> WORK TASK
A single number is the answer here: the count of lines in the records below in which the word "credit" appears.

Collected data
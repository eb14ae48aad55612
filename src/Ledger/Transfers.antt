-- ===== src/Ledger/Transfers.antt =====
-- What a transfer through Api/src/modules/transactions/transactions.service.ts does to the
-- balances.
use vaultchain_fintech_dashb.Prelude.{
  ℕ, true, false, some, List, [], ◌∷◌, ◌≡◌, refl, arith, ap, ◌∙◌, any, update_where, ◌==◌, ok,
  Bool-cases, inl, inr, after-eq-ok, Bool, find, not, ◌&&◌, ◌-ℤ◌, pos, ◌+ℤ◌, filter,
  find-update_where, find_fits, find-update_where_other, filter-update_where,
}
use vaultchain_fintech_dashb.Ledger.Store.{
  Db, Wallet, TransactionSnapshot, debit, credit, transfer, has_id, Balance,
}
use vaultchain_fintech_dashb.Ledger.Plan.{
  CreateTransactionDto, PlannedLeg, PostingPlan, plan_transfer, plan_kind, plan_for, a_leg,
}
use vaultchain_fintech_dashb.Ledger.Execute.{Env, move_wallet, has_balance}
use vaultchain_fintech_dashb.Ledger.Execute.Outcome.{execute_plan-Executed, move_all, all_present}
use vaultchain_fintech_dashb.Ledger.Post.{Request, post_by_kind}
use vaultchain_fintech_dashb.Ledger.Invariant.{IsSound}
use vaultchain_fintech_dashb.Ledger.Invariant.Plans.{plan_for-IsPlanned}

abbrev move_each : List PlannedLeg → List Wallet → List Wallet
move_each [] ws = ws
move_each (l ∷ ls) ws =
    move_each ls (update_where (has_id l.wallet_id) (move_wallet l.leg l.amount) ws)

move_all-present :
    (ls : List PlannedLeg) (ws : List Wallet)
    → all_present ls ws ≡ true
    → move_all ls ws ≡ move_each ls ws
move_all-present [] ws h = refl
move_all-present (l ∷ ls) ws h = elim (Bool-cases (any (has_balance l.wallet_id) ws)) [
  | inl e ↦ rw e (move_all-present ls _ (rw e at h))
  | inr e ↦ cc (rw e at h)
]

plan_transfer-legs :
    (dto : CreateTransactionDto) (a b : ℕ) (db u : Db) (plan : PostingPlan)
    → dto.source_wallet_id ≡ some a
    → dto.target_wallet_id ≡ some b
    → plan_transfer dto db ≡ (ok plan, u)
    → ((a == b) ≡ false)
      × (plan.legs
          ≡ a_leg a debit dto.amount_minor true ∷ a_leg b credit dto.amount_minor false ∷ [])
unfolding plan_transfer
plan_transfer-legs dto a b db u plan from to h = ground arith

plan_for-legs :
    (dto : CreateTransactionDto) (a b : ℕ) (db u : Db) (plan : PostingPlan)
    → dto.kind ≡ transfer
    → dto.source_wallet_id ≡ some a
    → dto.target_wallet_id ≡ some b
    → plan_for dto db ≡ (ok plan, u)
    → ((a == b) ≡ false)
      × (plan.legs
          ≡ a_leg a debit dto.amount_minor true ∷ a_leg b credit dto.amount_minor false ∷ [])
unfolding plan_for plan_kind plan_transfer
plan_for-legs dto a b db u plan kind from to h =
    plan_transfer-legs dto a b db u plan from to (rw kind at h)

-- The wallets that are neither of the two.
abbrev pub is_third : ℕ → ℕ → Wallet → Bool
is_third a b w = not (w.id == a) && not (w.id == b)

two_moves :
    (a b amount : ℕ) (ws : List Wallet) {source target : Wallet} {s c : Balance}
    → a == b ≡ false
    → find (has_id a) ws ≡ some source
    → source.balance ≡ some s
    → find (has_id b) ws ≡ some target
    → target.balance ≡ some c
    → (find (has_id a) (move_each (a_leg a debit amount true ∷ a_leg b credit amount false ∷ []) ws)
        ≡ some (record source {
          balance = some (record {
            balance_minor = s.balance_minor -ℤ pos amount;
            available_balance_minor = s.available_balance_minor -ℤ pos amount;
          });
        }))
      × (find
            (has_id b)
            (move_each (a_leg a debit amount true ∷ a_leg b credit amount false ∷ []) ws)
          ≡ some (record target {
            balance = some (record {
              balance_minor = c.balance_minor +ℤ pos amount;
              available_balance_minor = c.available_balance_minor +ℤ pos amount;
            });
          }))
      × (filter
            (is_third a b)
            (move_each (a_leg a debit amount true ∷ a_leg b credit amount false ∷ []) ws)
          ≡ filter (is_third a b) ws)
two_moves a b amount ws {source} {target} differ from held to kept =
    let taken = update_where (has_id a) (move_wallet debit amount) ws in
    let apart : (w : Wallet) → has_id a w ≡ true → has_id b w ≡ false = λ w h. ground arith in
    let apart' : (w : Wallet) → has_id b w ≡ true → has_id a w ≡ false = λ w h. ground arith in
    let source_at =
      find-update_where (has_id a) (has_id a) (move_wallet debit amount) ws (λ w. refl) from
        (find_fits (has_id a) ws from) in
    let source_stays =
      find-update_where_other (has_id a) (has_id b) (move_wallet credit amount) taken (λ w. refl)
        apart' in
    let target_stays =
      find-update_where_other (has_id b) (has_id a) (move_wallet debit amount) ws (λ w. refl)
        apart in
    let target_at =
      find-update_where (has_id b) (has_id b) (move_wallet credit amount) taken (λ w. refl)
        (target_stays ∙ to) (find_fits (has_id b) ws to) in
    let thirds =
      filter-update_where (is_third a b) (has_id a) (move_wallet debit amount) ws (λ w. refl)
        (λ w h. ground arith) in
    let thirds' =
      filter-update_where (is_third a b) (has_id b) (move_wallet credit amount) taken (λ w. refl)
        (λ w h. ground arith) in
    (rw held at (source_stays ∙ source_at), rw kept at target_at, thirds' ∙ thirds)

-- A transfer that posts in a sound ledger has two different wallets; the balance and the available
-- balance of the source are smaller by the amount afterwards, those of the target greater by it, and
-- the rows of all other wallets are as they were; where both wallets have balances.
pub transfer_moves :
    (env : Env) (req : Request) (a b : ℕ) (source target : Wallet) (s c : Balance) (db t : Db)
    (snap : TransactionSnapshot)
    → IsSound db
    → req.dto.kind ≡ transfer
    → req.dto.source_wallet_id ≡ some a
    → req.dto.target_wallet_id ≡ some b
    → find (has_id a) db.wallets ≡ some source
    → source.balance ≡ some s
    → find (has_id b) db.wallets ≡ some target
    → target.balance ≡ some c
    → post_by_kind env req db ≡ (ok snap, t)
    → ((a == b) ≡ false)
      × (find (has_id a) t.wallets
          ≡ some (record source {
            balance = some (record {
              balance_minor = s.balance_minor -ℤ pos req.dto.amount_minor;
              available_balance_minor = s.available_balance_minor -ℤ pos req.dto.amount_minor;
            });
          }))
      × (find (has_id b) t.wallets
          ≡ some (record target {
            balance = some (record {
              balance_minor = c.balance_minor +ℤ pos req.dto.amount_minor;
              available_balance_minor = c.available_balance_minor +ℤ pos req.dto.amount_minor;
            });
          }))
      × (filter (is_third a b) t.wallets ≡ filter (is_third a b) db.wallets)
unfolding post_by_kind
transfer_moves env req a b source target s c db t snap sound kind from to held_at held kept_at kept
      h =
    let (plan, u, planned, executed) = after-eq-ok (plan_for req.dto db) _ h in
    let (same, _, _) = plan_for-IsPlanned req.dto db u plan sound.keyed sound.paired planned in
    let run = execute_plan-Executed env plan req.dto req.key db t snap (rw same at executed) in
    let (differ, legs) = plan_for-legs req.dto a b db u plan kind from to planned in
    let written =
      run.wallets
      ∙ (move_all-present plan.legs db.wallets run.present
          ∙ ap (λ ls. move_each ls db.wallets) legs) in
    let (taken, added, thirds) =
      two_moves a b req.dto.amount_minor db.wallets differ held_at held kept_at kept in
    (
      differ,
      ap (λ ws. find (has_id a) ws) written ∙ taken,
      ap (λ ws. find (has_id b) ws) written ∙ added,
      ap (λ ws. filter (is_third a b) ws) written ∙ thirds,
    )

> RESPONSE TO THIS TASK
9